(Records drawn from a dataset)
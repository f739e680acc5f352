-- ===== src/Add/Success/Exactly.antt =====
-- When exactly an ADD succeeds.
use rit_k8s_rdma_sriov_cni.Base.{
  ℕ, ◌≡◌, ◌↔◌, refl, sym, ap, subst, String, Bool, true, false, none, List, [],
}
use rit_k8s_rdma_sriov_cni.Go.{
  Outcome, ok, err, exit, panic, success, failure, Tried, of_tried, wrapf, deferring, ◌>>◌,
  ◌orelse◌,
}
use rit_k8s_rdma_sriov_cni.Go.Laws.{by_parts_eq, orelse-ok_eq, deferring-ok_eq}
use rit_k8s_rdma_sriov_cni.Conf.{NetConf, load_conf}
use rit_k8s_rdma_sriov_cni.Host.{Host, Ns, InterfaceRequest, PfInfo}
use rit_k8s_rdma_sriov_cni.Mutex.{acquire_shm_mutex, release_shm_mutex}
use rit_k8s_rdma_sriov_cni.Pod.{pod_of_args, or_fatal, get_pod_requirements}
use rit_k8s_rdma_sriov_cni.Pod.Fatal.{or_fatal-back}
use rit_k8s_rdma_sriov_cni.Add.{
  final_or_empty, after_interfaces, add_pod, set_ifname, add_placed, or_unplaced, add_locked,
  cmd_add,
}
use rit_k8s_rdma_sriov_cni.Add.Interfaces.{
  CmdArgs, Ending, Progress, add_interfaces, run_deferred_calls,
}
use rit_k8s_rdma_sriov_cni.Add.Success.{Adds}
use rit_k8s_rdma_sriov_cni.Add.Success.Enough.{add_interfaces-Adds_iff}
use rit_k8s_rdma_sriov_cni.Add.Success.Command.{TidiesUp, cmd_add-Adds}

module _ {W : Type 0} (h : Host W) (args : CmdArgs) where
  pub after_interfaces-ok :
      (netns : Ns) (r : Outcome Ending Progress) (w u : W)
      → after_interfaces h args netns r w ≡ (ok tt, u)
      → (p : Progress) × (r ≡ ok p) × (h.print_result (final_or_empty p.final) w ≡ (ok tt, u))
  unfolding after_interfaces
  after_interfaces-ok netns (ok p) w u e = (p, refl, e)
  after_interfaces-ok netns (err x) w u e =
      by_parts_eq (run_deferred_calls h args netns x.progress.conf x.err_var x.progress.deferred) _
        w e λ _ y _ e1. cc (ap (λ r. r.0) e1)
  after_interfaces-ok netns exit w u e = cc (ap (λ r. r.0) e)
  after_interfaces-ok netns panic w u e = cc (ap (λ r. r.0) e)

  pub or_unplaced-ok :
      (r : List ℕ × Bool) (requests : List InterfaceRequest) (pfs : List PfInfo) (w u : W)
      → or_unplaced h args r requests pfs w ≡ (ok tt, u)
      → (placements : List ℕ) × (r ≡ (placements, true))
        × (add_placed h args placements requests pfs w ≡ (ok tt, u))
  unfolding or_unplaced
  or_unplaced-ok (placements, true) requests pfs w u e = (placements, refl, e)
  or_unplaced-ok (placements, false) requests pfs w u e = cc (ap (λ r. r.0) e)

  -- The calls of an ADD after the pod is placed, but those that it defers, succeed one after the other.
  pub record Adding (placements : List ℕ) (requests : List InterfaceRequest) (pfs : List PfInfo)
      (queried : W) : Type 0 where
    pub conf : NetConf
    pub netns : Ns
    pub progress : Progress
    pub opened : W
    pub named : W
    pub added : W
    pub printed : W
    pub loads : load_conf h.unmarshal_net_conf args.stdin_data ≡ success conf
    pub opens : h.get_ns args.netns queried ≡ (ok netns, opened)
    pub names : set_ifname h args conf opened ≡ (ok tt, named)
    pub adds :
        Adds h args netns requests pfs placements 0
          (record { conf = conf; deferred = []; final = none })
          named
          progress
          added
    pub prints : h.print_result (final_or_empty progress.final) added ≡ (ok tt, printed)

  -- All of them: the mutex is acquired, the pod's requirements and the PFs are known, and the pod fits
  -- on the PFs, at the placements at which the interfaces are added.
  pub record Succeeds (start : W) : Type 0 where
    pub file : String
    pub requests : List InterfaceRequest
    pub pfs : List PfInfo
    pub placements : List ℕ
    pub held : W
    pub asked : W
    pub queried : W
    pub acquires : acquire_shm_mutex h.shm start ≡ (ok file, held)
    pub requires :
        get_pod_requirements h.cluster
          (pod_of_args args.cni_args).name
          (pod_of_args args.cni_args).ns
          held
        ≡ (ok requests, asked)
    pub queries : h.query_node "127.0.0.1" "54005" 1500 asked ≡ (ok pfs, queried)
    pub fits : h.place_pod requests pfs ≡ (placements, true)
    pub adding : Adding placements requests pfs queried

  of_tried-success :
      {E A : Type 0} (t : Tried E A) (a : A) (w u : W)
      → of_tried t w ≡ (ok a, u)
      → (t ≡ success a) × (w ≡ u)
  of_tried-success (success b) a w u e = (ap success (cc (ap (λ r. r.0) e)), ap (λ r. r.1) e)
  of_tried-success (failure x) a w u e = cc (ap (λ r. r.0) e)

  add_placed-Adding :
      (placements : List ℕ) (requests : List InterfaceRequest) (pfs : List PfInfo) (w u : W)
      → add_placed h args placements requests pfs w ≡ (ok tt, u)
      → Adding placements requests pfs w
  unfolding add_placed add_pod
  add_placed-Adding placements requests pfs w u e =
      by_parts_eq
        (of_tried (load_conf h.unmarshal_net_conf args.stdin_data)
          orelse wrapf "failed to load netconf: %v" [])
        _ w e
        λ n w1 ran e1.
          by_parts_eq (h.get_ns args.netns orelse wrapf "failed to open netns %q: %v" []) _ w1 e1
            λ netns w2 opened e2.
              let (loads, same) =
                of_tried-success (load_conf h.unmarshal_net_conf args.stdin_data) n w w1 (
                  orelse-ok_eq (of_tried (load_conf h.unmarshal_net_conf args.stdin_data)) _ w
                    ran) in
              let adding = set_ifname h args n >> add_pod h args n netns placements requests pfs in
              let old = h.getenv "CNI_IFNAME" w2 in
              let (w3, inner, _) =
                deferring-ok_eq (h.close_ns netns)
                  (λ x. deferring (h.setenv "CNI_IFNAME" (h.getenv "CNI_IFNAME" x)) adding x) w2
                  e2 in
              let (w5, body, _) = deferring-ok_eq (h.setenv "CNI_IFNAME" old) adding w2 inner in
              by_parts_eq (set_ifname h args n) _ w2 body λ _ w6 names e6.
                let first : Progress = record { conf = n; deferred = []; final = none } in
                let ran = add_interfaces h args netns requests pfs placements 0 first w6 in
                let (p, is, prints) = after_interfaces-ok netns ran.0 ran.1 w5 e6 in
                record {
                  conf = n;
                  netns = netns;
                  progress = p;
                  opened = w2;
                  named = w6;
                  added = ran.1;
                  printed = w5;
                  loads = loads;
                  opens =
                      subst (λ x. h.get_ns args.netns x ≡ (ok netns, w2)) (sym same)
                        (orelse-ok_eq (h.get_ns args.netns) _ w1 opened);
                  names = names;
                  adds =
                      (add_interfaces-Adds_iff h args netns requests pfs placements 0 first p w6
                          ran.1).0
                        (λ i. (is i, ran.1));
                  prints = prints;
                }

  cmd_add-Succeeds : (w u : W) → cmd_add h args w ≡ (ok tt, u) → Succeeds w
  unfolding cmd_add add_locked
  cmd_add-Succeeds w u e =
      by_parts_eq (or_fatal h.cluster (acquire_shm_mutex h.shm)) _ w e λ file w1 got e1.
        let (x, locked, _) =
          deferring-ok_eq (release_shm_mutex h.shm file) (add_locked h args) w1 e1 in
        let pod = pod_of_args args.cni_args in
        by_parts_eq (get_pod_requirements h.cluster pod.name pod.ns) _ w1 locked
          λ requests w2 requires e2.
            by_parts_eq (or_fatal h.cluster (h.query_node "127.0.0.1" "54005" 1500)) _ w2 e2
              λ pfs w3 queried e3.
                let (placements, fits, e4) =
                  or_unplaced-ok (h.place_pod requests pfs) requests pfs w3 x e3 in
                record {
                  file = file;
                  requests = requests;
                  pfs = pfs;
                  placements = placements;
                  held = w1;
                  asked = w2;
                  queried = w3;
                  acquires = or_fatal-back h.cluster (acquire_shm_mutex h.shm) w w1 file w1 got;
                  requires = requires;
                  queries =
                      or_fatal-back h.cluster (h.query_node "127.0.0.1" "54005" 1500) w2 w3 pfs w3
                        queried;
                  fits = fits;
                  adding = add_placed-Adding placements requests pfs w3 x e4;
                }

  -- An ADD succeeds exactly if the mutex is acquired, the pod's requirements and the PFs are known, the
  -- pod fits on the PFs, the configuration can be loaded, the pod's namespace can be opened, the
  -- environment can be set, every interface is added at its placement, and the result is printed, each
  -- call from the state that the one before has left. It is assumed that the deferred calls succeed:
  -- those that close the namespace, set the environment back and release the mutex.
  pub cmd_add-Succeeds_iff :
      TidiesUp h → (w : W) → ((z : W) × (cmd_add h args w ≡ (ok tt, z))) ↔ Succeeds w
  cmd_add-Succeeds_iff tidies w = (
    λ (z, e). cmd_add-Succeeds w z e,
    λ s.
        let a = s.adding in
        cmd_add-Adds h args tidies s.file a.conf a.netns s.placements s.requests s.pfs a.progress w
          s.held s.asked s.queried a.opened a.named a.added a.printed s.acquires s.requires
          s.queries s.fits a.loads a.opens a.names a.adds a.prints,
  )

• **ASSIGNED TASK**:
Wherever "start" occurs in the records above, copy the line it sits in.

• **YOUR RESPONSE**:
  pub record Succeeds (start : W) : Type 0 where
    pub acquires : acquire_shm_mutex h.shm start ≡ (ok file, held)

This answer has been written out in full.